▶ Task statement
Your answer should be the lines below from the one with "unfoldable pub apply_decision" to the one with "apply_decision refuse id", both included, given again exactly and with nothing added.

▶ Data extracts
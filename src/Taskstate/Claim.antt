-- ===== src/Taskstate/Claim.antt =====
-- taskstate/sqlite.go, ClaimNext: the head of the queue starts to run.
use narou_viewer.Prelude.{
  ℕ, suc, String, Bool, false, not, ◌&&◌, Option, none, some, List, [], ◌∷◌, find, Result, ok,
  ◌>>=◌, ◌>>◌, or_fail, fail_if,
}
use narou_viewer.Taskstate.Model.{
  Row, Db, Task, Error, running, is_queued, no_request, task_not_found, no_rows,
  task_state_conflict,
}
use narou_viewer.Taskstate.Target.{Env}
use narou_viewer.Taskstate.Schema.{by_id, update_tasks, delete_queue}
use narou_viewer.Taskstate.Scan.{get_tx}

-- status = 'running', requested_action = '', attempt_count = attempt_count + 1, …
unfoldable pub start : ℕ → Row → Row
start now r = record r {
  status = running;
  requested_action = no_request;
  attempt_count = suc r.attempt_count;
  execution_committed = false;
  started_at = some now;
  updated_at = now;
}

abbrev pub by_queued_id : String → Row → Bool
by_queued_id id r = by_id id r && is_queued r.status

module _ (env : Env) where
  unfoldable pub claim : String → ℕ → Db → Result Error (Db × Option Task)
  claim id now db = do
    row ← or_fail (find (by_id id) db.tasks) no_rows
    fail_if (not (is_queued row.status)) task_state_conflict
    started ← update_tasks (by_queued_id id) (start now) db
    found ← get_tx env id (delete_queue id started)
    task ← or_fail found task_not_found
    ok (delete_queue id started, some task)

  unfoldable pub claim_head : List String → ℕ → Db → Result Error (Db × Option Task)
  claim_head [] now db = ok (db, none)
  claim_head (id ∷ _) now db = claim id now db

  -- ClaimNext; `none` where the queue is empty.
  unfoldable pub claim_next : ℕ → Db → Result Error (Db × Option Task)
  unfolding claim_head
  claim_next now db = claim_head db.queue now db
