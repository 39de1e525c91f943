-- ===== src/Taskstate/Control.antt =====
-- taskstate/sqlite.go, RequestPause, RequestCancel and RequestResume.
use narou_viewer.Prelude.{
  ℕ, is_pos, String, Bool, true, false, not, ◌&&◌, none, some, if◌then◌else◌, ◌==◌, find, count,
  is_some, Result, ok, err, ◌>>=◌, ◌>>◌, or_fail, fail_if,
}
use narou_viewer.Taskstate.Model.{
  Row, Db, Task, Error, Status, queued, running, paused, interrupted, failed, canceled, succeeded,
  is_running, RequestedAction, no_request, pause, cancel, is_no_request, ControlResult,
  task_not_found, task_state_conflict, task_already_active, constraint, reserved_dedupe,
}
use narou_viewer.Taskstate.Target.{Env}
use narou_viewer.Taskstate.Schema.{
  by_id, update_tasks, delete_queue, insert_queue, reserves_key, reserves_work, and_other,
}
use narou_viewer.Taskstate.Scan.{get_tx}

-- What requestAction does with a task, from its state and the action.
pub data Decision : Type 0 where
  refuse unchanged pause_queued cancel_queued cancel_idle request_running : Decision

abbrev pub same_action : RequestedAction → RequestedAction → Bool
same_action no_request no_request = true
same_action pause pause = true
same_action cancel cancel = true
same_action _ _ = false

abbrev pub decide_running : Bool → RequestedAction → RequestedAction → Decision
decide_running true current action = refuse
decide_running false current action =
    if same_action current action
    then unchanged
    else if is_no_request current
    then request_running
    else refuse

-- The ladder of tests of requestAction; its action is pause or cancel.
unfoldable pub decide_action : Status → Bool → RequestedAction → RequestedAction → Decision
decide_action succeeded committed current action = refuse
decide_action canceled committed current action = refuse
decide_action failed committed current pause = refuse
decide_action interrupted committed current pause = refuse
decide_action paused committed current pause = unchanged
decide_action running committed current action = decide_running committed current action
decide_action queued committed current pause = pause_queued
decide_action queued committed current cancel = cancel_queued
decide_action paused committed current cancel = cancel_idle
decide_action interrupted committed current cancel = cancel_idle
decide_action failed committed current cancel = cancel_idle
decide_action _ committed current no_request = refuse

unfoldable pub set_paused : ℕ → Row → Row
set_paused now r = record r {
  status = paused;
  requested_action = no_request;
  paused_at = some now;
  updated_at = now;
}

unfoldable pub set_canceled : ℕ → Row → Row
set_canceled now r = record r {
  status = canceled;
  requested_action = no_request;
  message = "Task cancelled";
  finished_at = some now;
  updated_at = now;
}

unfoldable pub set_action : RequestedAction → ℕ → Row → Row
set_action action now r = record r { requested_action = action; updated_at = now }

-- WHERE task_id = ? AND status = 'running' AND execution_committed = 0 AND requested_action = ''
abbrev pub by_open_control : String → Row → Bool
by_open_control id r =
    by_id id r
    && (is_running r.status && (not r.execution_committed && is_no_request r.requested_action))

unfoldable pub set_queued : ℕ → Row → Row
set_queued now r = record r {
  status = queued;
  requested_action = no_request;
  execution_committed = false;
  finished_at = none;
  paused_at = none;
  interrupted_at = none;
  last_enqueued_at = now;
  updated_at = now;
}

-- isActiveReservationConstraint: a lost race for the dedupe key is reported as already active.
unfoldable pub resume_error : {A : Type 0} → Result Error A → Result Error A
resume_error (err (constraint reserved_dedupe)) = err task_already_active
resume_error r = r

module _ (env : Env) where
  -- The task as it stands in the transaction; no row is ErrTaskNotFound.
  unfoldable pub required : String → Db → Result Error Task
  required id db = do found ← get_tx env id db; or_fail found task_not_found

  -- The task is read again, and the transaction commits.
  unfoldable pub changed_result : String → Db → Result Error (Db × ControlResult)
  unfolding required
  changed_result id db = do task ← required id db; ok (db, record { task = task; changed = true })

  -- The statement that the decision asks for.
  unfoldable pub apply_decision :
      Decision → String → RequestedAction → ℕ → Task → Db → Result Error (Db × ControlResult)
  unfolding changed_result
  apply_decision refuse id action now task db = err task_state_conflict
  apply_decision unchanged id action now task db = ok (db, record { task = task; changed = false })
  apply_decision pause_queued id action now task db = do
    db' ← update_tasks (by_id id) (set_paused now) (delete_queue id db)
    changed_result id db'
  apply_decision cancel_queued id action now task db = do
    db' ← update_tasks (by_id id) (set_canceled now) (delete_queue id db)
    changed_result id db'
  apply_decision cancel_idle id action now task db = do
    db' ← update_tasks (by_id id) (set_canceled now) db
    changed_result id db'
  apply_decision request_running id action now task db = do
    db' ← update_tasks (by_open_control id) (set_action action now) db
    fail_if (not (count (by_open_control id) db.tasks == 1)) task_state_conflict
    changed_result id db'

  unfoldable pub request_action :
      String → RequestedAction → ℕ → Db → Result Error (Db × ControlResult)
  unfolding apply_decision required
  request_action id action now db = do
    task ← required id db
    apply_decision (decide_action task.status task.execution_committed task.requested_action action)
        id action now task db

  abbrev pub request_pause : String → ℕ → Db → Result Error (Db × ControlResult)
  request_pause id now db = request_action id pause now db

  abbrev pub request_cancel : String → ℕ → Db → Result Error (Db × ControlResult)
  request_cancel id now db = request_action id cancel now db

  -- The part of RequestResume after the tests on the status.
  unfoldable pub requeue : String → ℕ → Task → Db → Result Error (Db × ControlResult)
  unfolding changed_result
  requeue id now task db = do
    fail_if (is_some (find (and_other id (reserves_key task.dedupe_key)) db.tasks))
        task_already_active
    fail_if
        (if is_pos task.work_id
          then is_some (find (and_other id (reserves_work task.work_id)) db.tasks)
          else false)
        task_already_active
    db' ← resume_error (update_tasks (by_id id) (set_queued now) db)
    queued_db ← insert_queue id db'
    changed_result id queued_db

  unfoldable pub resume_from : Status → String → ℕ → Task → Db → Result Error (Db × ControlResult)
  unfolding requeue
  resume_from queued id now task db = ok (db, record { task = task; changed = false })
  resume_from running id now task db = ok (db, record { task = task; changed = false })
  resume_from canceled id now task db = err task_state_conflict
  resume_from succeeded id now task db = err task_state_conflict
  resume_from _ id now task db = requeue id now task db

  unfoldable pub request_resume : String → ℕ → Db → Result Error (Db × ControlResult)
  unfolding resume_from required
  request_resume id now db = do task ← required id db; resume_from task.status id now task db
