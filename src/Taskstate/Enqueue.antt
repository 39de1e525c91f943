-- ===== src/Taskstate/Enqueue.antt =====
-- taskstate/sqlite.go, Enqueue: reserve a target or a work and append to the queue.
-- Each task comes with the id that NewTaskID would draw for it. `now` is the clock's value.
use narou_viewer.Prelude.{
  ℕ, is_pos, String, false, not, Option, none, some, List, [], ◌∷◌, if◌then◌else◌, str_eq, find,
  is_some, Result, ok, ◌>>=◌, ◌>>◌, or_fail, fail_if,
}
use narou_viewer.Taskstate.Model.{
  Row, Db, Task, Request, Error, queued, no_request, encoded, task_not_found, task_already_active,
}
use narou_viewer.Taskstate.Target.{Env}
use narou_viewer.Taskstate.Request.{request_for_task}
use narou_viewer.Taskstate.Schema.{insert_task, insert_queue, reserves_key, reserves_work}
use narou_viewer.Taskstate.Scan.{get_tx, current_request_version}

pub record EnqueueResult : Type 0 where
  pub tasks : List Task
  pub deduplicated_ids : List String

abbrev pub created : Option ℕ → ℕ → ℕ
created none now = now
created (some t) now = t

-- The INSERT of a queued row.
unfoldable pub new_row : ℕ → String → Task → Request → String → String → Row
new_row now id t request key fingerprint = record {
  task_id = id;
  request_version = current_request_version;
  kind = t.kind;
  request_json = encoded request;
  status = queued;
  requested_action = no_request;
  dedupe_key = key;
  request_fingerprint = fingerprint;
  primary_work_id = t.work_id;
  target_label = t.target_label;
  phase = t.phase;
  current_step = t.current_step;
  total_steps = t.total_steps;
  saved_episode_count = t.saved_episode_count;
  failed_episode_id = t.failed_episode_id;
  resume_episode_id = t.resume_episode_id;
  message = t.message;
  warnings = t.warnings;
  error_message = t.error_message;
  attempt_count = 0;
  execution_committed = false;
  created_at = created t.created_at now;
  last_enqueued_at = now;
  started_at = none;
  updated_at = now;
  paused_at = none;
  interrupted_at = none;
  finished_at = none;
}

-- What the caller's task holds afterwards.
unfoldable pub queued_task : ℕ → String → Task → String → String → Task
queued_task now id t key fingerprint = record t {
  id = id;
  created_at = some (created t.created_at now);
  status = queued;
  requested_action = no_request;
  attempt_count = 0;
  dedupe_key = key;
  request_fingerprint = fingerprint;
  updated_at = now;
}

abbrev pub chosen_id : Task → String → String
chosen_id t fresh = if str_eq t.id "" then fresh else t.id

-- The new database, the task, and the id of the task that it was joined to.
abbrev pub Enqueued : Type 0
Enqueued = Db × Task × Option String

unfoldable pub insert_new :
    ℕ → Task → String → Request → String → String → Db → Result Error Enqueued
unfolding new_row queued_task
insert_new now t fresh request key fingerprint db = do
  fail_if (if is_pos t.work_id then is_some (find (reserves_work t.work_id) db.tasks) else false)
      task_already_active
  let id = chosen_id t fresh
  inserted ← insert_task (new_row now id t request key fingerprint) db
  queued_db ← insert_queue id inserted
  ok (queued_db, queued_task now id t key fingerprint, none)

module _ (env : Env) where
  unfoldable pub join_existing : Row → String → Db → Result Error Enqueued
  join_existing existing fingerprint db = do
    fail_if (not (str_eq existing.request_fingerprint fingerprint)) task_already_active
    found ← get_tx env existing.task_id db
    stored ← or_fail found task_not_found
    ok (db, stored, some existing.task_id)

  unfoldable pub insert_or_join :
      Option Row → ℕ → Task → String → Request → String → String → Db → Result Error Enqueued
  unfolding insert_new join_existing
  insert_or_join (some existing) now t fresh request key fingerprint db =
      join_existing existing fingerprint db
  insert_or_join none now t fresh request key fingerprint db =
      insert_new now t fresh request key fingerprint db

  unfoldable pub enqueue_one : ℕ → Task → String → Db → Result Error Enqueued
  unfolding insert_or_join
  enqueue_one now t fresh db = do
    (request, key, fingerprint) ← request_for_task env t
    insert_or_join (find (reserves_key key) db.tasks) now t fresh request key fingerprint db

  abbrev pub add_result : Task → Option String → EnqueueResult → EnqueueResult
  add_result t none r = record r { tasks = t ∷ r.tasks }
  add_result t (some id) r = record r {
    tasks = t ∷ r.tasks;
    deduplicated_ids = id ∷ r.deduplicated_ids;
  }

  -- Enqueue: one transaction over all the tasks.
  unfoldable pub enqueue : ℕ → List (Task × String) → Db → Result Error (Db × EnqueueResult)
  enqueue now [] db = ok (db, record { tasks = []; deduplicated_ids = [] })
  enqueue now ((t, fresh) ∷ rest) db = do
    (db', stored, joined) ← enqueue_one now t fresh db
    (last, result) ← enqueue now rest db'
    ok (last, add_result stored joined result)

▶ Output
  unfoldable pub apply_decision :
      Decision → String → RequestedAction → ℕ → Task → Db → Result Error (Db × ControlResult)
  unfolding changed_result
  apply_decision refuse id action now task db = err task_state_conflict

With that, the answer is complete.